▶ Task instructions: Nothing outside the range is wanted. Repeat exactly the lines below from the one with "repository c159e4e291d57e89" through the one with "pub owned_bytes : Owned → List ℕ".

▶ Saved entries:

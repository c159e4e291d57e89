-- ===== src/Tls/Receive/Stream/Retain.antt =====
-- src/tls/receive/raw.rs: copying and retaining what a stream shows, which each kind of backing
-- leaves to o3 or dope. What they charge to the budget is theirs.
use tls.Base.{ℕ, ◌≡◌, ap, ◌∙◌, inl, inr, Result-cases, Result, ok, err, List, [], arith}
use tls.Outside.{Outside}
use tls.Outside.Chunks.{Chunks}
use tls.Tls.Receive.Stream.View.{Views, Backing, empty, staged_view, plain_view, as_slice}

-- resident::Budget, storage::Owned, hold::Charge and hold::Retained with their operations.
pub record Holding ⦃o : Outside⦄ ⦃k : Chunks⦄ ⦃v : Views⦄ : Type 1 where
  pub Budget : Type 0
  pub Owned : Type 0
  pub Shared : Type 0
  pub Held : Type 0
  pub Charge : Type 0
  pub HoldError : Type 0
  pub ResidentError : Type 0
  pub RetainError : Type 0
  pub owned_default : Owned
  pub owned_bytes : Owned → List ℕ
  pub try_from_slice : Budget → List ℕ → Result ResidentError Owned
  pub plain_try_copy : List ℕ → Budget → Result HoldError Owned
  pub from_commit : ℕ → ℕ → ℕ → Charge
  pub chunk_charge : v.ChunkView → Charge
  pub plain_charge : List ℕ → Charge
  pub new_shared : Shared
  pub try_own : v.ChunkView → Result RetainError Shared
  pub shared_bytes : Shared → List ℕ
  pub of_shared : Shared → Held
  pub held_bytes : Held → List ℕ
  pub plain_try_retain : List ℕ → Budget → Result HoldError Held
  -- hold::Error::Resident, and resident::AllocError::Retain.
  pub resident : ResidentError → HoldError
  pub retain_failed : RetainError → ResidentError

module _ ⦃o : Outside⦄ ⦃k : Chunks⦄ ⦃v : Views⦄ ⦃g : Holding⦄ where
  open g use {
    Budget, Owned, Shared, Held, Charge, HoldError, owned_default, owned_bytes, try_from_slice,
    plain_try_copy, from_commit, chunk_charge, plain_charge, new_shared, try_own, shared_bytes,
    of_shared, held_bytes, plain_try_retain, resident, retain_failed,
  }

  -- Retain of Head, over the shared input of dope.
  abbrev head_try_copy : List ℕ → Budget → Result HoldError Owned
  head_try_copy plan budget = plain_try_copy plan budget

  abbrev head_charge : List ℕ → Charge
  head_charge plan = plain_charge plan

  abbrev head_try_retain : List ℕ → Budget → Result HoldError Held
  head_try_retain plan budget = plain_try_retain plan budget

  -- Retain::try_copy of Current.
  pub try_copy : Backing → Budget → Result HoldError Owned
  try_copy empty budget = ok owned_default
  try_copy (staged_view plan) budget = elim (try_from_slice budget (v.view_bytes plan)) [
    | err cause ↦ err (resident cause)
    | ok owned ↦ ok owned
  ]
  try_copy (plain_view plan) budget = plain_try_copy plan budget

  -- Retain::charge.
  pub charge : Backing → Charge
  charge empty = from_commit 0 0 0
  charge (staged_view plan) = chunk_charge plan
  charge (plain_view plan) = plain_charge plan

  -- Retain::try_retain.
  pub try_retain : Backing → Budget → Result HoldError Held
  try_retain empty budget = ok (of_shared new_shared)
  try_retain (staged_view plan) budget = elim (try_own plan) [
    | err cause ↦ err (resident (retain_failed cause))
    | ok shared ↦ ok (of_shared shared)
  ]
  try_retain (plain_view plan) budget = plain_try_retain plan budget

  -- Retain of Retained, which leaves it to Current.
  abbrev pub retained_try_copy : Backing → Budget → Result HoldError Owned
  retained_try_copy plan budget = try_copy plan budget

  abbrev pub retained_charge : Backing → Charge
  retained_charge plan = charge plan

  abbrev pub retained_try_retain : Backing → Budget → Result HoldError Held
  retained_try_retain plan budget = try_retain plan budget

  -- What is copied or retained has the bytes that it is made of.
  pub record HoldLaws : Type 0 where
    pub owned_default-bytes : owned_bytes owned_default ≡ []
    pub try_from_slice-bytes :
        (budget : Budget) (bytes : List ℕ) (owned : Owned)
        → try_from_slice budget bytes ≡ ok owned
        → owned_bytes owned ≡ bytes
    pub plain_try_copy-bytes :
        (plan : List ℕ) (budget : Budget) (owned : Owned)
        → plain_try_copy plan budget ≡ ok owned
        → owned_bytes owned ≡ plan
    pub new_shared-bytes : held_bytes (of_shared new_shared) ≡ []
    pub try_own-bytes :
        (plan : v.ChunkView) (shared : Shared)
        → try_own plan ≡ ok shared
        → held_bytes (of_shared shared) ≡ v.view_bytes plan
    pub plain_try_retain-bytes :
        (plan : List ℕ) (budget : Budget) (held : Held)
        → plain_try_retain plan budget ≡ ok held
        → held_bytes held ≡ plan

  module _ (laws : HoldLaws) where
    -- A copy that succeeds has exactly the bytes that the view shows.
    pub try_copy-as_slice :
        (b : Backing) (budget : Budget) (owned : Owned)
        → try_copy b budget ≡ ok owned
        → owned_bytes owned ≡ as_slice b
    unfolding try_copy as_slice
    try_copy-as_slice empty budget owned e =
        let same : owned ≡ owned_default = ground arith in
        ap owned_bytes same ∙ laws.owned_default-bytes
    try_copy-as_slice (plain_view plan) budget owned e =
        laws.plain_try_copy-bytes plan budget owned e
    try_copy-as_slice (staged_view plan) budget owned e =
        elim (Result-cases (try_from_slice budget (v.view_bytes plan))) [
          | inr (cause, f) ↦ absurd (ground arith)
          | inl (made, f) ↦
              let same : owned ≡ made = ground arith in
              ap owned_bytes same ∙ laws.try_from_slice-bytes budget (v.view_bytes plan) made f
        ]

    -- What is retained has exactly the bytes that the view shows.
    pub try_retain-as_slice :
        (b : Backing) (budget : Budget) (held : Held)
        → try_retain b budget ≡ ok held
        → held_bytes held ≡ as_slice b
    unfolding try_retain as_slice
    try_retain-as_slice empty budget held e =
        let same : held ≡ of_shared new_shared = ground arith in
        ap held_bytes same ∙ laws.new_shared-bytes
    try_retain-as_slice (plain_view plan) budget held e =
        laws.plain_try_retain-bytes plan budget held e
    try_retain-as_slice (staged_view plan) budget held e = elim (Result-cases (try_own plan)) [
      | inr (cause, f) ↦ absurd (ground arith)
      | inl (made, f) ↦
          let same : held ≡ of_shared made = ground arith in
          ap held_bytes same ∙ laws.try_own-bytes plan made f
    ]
--
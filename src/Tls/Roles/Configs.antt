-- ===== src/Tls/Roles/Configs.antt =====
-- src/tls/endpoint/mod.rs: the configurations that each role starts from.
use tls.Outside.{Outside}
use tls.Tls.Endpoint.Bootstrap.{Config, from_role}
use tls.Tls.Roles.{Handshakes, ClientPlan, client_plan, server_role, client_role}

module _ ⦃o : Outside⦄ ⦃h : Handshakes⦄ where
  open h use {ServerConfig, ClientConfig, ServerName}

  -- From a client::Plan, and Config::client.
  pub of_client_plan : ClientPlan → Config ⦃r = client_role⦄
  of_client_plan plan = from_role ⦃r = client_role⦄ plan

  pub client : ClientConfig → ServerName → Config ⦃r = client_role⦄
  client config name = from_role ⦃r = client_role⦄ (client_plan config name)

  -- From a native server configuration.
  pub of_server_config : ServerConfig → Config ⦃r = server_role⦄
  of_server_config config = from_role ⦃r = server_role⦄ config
* * *
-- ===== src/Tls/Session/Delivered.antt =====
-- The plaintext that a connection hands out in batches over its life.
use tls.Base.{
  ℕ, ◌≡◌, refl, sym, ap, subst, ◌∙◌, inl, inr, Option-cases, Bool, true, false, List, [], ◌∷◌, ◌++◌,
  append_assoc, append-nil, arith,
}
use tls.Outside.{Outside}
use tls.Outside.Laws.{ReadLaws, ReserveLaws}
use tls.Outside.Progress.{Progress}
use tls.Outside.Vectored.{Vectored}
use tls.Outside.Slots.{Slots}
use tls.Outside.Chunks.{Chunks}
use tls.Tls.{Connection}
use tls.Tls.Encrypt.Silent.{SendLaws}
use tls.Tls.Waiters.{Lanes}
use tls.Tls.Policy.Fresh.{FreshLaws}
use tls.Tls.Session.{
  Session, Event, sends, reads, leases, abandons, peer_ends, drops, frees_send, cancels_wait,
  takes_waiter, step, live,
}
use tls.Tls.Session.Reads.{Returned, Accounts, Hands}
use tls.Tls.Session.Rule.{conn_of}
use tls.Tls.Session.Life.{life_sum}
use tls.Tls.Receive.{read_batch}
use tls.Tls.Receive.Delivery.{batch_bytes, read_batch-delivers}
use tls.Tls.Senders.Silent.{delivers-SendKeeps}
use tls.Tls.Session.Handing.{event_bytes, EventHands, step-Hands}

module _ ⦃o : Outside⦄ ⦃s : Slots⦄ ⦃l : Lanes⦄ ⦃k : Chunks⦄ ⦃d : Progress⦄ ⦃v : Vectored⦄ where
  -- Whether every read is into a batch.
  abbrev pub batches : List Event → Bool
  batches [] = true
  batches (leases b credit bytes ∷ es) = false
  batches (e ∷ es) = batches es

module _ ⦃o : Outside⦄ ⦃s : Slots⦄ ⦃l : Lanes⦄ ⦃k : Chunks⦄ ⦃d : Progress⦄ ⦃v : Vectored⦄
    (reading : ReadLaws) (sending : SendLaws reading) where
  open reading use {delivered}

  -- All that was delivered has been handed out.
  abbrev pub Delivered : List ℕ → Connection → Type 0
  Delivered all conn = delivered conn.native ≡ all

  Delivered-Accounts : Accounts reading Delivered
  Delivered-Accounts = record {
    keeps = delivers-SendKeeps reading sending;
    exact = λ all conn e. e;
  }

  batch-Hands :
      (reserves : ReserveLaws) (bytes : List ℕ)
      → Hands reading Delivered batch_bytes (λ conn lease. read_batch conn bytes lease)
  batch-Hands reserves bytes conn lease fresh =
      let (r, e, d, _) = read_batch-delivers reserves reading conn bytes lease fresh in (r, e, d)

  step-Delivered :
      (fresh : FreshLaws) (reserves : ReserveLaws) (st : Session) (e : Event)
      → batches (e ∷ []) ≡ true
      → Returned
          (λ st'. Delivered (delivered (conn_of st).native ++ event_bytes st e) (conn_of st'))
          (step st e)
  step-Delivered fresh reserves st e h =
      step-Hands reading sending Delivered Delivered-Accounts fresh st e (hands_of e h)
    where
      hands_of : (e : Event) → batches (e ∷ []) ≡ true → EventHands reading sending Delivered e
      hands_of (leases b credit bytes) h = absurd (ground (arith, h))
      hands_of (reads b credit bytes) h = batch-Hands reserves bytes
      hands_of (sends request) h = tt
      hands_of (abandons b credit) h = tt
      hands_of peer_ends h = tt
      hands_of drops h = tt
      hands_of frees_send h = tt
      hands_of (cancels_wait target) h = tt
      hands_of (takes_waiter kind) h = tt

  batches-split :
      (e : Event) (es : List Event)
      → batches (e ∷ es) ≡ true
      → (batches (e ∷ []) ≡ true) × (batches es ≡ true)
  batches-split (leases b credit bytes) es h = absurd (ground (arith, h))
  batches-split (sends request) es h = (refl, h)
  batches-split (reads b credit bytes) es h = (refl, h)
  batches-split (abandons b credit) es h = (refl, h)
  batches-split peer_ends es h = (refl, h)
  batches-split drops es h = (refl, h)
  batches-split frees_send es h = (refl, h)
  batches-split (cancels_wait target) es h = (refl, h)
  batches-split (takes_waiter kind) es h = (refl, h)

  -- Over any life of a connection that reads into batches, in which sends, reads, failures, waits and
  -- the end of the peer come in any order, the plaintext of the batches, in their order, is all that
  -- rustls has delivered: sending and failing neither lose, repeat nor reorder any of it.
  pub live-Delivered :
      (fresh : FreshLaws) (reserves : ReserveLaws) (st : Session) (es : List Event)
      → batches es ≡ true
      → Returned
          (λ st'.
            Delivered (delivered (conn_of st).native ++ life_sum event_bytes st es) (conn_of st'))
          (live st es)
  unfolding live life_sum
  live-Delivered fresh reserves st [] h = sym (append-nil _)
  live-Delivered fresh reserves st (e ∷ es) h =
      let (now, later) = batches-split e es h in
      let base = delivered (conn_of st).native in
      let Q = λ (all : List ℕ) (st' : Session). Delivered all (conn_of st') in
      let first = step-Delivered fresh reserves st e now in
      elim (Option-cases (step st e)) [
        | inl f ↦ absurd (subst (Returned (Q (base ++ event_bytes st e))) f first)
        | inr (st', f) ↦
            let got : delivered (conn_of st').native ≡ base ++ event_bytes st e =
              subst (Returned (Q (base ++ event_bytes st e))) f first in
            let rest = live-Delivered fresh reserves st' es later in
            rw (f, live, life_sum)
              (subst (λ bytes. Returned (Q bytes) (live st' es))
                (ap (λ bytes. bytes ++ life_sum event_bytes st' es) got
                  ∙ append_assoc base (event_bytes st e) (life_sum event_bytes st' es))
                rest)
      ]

▶ Task output:
repository c159e4e291d57e89
-- ===== src/Tls/Receive/Stream/Retain.antt =====
-- src/tls/receive/raw.rs: copying and retaining what a stream shows, which each kind of backing
-- leaves to o3 or dope. What they charge to the budget is theirs.
use tls.Base.{ℕ, ◌≡◌, ap, ◌∙◌, inl, inr, Result-cases, Result, ok, err, List, [], arith}
use tls.Outside.{Outside}
use tls.Outside.Chunks.{Chunks}
use tls.Tls.Receive.Stream.View.{Views, Backing, empty, staged_view, plain_view, as_slice}

-- resident::Budget, storage::Owned, hold::Charge and hold::Retained with their operations.
pub record Holding ⦃o : Outside⦄ ⦃k : Chunks⦄ ⦃v : Views⦄ : Type 1 where
  pub Budget : Type 0
  pub Owned : Type 0
  pub Shared : Type 0
  pub Held : Type 0
  pub Charge : Type 0
  pub HoldError : Type 0
  pub ResidentError : Type 0
  pub RetainError : Type 0
  pub owned_default : Owned
  pub owned_bytes : Owned → List ℕ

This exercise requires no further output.